So the Social Media is real buzzword at the moment. Many people are advocating its use as the future of marketing (myself included), but are the people that really push the benefits of social media truly aware of what it is that they are selling? I myself have been plugging the benefits of blogging for almost a year now, but it was not until two weeks ago that I actually sat down and thought it appropriate to practice what I preach. According to the attached article, i'm not alone.
Numerous PR firms are raving of the possibilities afforded by blogging, Search Engine Optimisation and social networking, yet according to Andrew Smith, the author of the attached blog, many firms fail to recognise these principles within their own organisations. Unless PR firms can be specifically identified as professional social media purveyors, it is unlikely that potential clients will approach them; or as the article suggests, even be aware of their existence.
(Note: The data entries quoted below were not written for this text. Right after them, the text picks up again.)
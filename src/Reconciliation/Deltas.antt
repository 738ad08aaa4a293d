-- ===== src/Reconciliation/Deltas.antt =====
-- What a site received against its orders: `record_verified_review`, `delta_rows` and
-- `reconciliation_for_site` of services/enrichment/app/reconciliation.py.
use challanse_website.Reviews.{VerifiedRow, upsert_verified}
use challanse_website.Prelude.{
  ℕ, String, Bool, ◌&&◌, List, [], ◌∷◌, map, ◌+◌, ltb, leb, ◌==◌, ◌!=◌, if◌then◌else◌, nat_eq,
  string_eq, select, delete, sort_by,
}
use challanse_website.Reconciliation.{
  Books, Csv, PurchaseOrderRow, TallyImport, TallyRow, normalize_unit, same_order,
}

-- `VerifiedReviewEvent`, what the statement reads of it
pub record VerifiedReviewEvent : Type 0 where
  pub receipt_id : ℕ
  pub organization_id : ℕ
  pub site_id : ℕ
  pub po_number : String
  pub material_code : String
  pub verified_quantity : ℕ
  pub unit : String
  pub reviewer_id : String
  pub review_version : ℕ

abbrev pub event_row : Csv → VerifiedReviewEvent → VerifiedRow
event_row csv e = record {
  receipt_id = e.receipt_id;
  organization_id = e.organization_id;
  site_id = e.site_id;
  po_number = csv.upper e.po_number;
  material_code = csv.upper e.material_code;
  verified_quantity = e.verified_quantity;
  unit = normalize_unit csv e.unit;
  reviewer_id = e.reviewer_id;
  review_version = e.review_version;
}

unfoldable pub record_verified_review :
    Csv → VerifiedReviewEvent → List VerifiedRow → List VerifiedRow
record_verified_review csv e rows = upsert_verified (event_row csv e) rows

-- A row of the answer
pub record Delta : Type 0 where
  pub order : PurchaseOrderRow
  pub site_received : ℕ
  pub is_over : Bool

-- `WHERE site_id = … GROUP BY …`, the rows of a group, of those that the tenant sees
abbrev pub in_group : ℕ → ℕ → PurchaseOrderRow → VerifiedRow → Bool
in_group organization site order row =
    row.organization_id == organization
    && row.site_id == site
    && row.po_number == order.po_number
    && row.material_code == order.material_code
    && row.unit == order.unit

abbrev pub sum_verified : List VerifiedRow → ℕ
sum_verified [] = 0
sum_verified (row ∷ rows) = row.verified_quantity + sum_verified rows

-- `received.get(key, 0.0)`: a group without rows is not in the answer of the query.
abbrev pub received_of : ℕ → ℕ → List VerifiedRow → PurchaseOrderRow → ℕ
received_of organization site rows order =
    sum_verified (select (in_group organization site order) rows)

unfoldable pub delta_rows : (PurchaseOrderRow → ℕ) → List PurchaseOrderRow → List Delta
delta_rows received [] = []
delta_rows received (row ∷ rows) =
    record { order = row; site_received = received row; is_over = ltb row.quantity (received row) }
    ∷ delta_rows received rows

-- `JOIN tally_imports`: the time of the import of a row
abbrev pub imported_at : List TallyImport → TallyRow → ℕ
imported_at [] row = 0
imported_at (i ∷ is) row =
    let rest = imported_at is row in if i.id == row.import_id then i.imported_at else rest

-- `ORDER BY r.po_number, r.material_code, r.unit, i.imported_at DESC`, by the collation of the database
abbrev pub listed_before : (String → String → Bool) → List TallyImport → TallyRow → TallyRow → Bool
listed_before text_le imports x y =
    if x.order.po_number != y.order.po_number
    then text_le x.order.po_number y.order.po_number
    else if x.order.material_code != y.order.material_code
    then text_le x.order.material_code y.order.material_code
    else if x.order.unit != y.order.unit
    then text_le x.order.unit y.order.unit
    else leb (imported_at imports y) (imported_at imports x)

-- `DISTINCT ON (r.po_number, r.material_code, r.unit)`
unfoldable pub first_of_each : List PurchaseOrderRow → List PurchaseOrderRow
first_of_each [] = []
first_of_each (x ∷ xs) = x ∷ delete (same_order x) (first_of_each xs)

abbrev pub at_site : ℕ → ℕ → TallyRow → Bool
at_site organization site row = row.organization_id == organization && row.site_id == site

abbrev pub current_orders : (String → String → Bool) → ℕ → ℕ → Books → List PurchaseOrderRow
current_orders text_le organization site s = first_of_each (
    map (λ r. r.order)
      (sort_by (listed_before text_le s.tally_imports)
        (select (at_site organization site) s.tally_import_rows)))

unfoldable pub reconciliation_for_site : (String → String → Bool) → ℕ → ℕ → Books → List Delta
reconciliation_for_site text_le organization site s =
    delta_rows (received_of organization site s.verified_receipts)
      (current_orders text_le organization site s)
It would appear to me that the best way to demonstrate one's marketing abilities would be to incorporate every relevant lessons into my business practices. In doing so, the client has tangible evidence of the organisation's expertise; a particular asset given the current economic climate and the resultant reluctance to outsource.
As has been discussed in recent posts, the importance of influence online has become instrumental for success in the current economic climate. Influence is only possible through visibility. Although said visibility need not necessarily be achieved digitally, the reach of electronic word of mouth easily exceeds the abilities of individuals to convey their thoughts in the physical words. The level of visibility achievable through the social media is one of the core benefits thereof. Clearly, by acknowledging the social media as a means of increasing visibility, PR firms are not only influencing potential client decisions, but simultaneously demonstrating an ability to implement the new media to the organisation's advantage. This is an advantage which clients will want to replicate.
As talks of influence tracking software becomes more common place, PR firms must realise that unless they too employ the social media into their businesses, their visibility and hence their influence will decrease. They will lose ground to those who they advise, particularly as their clients create their own networks and become experts in their own rights. Although PR firms clearly have a lot of insight to offer, standing apart from the social media will cause them to be left behind.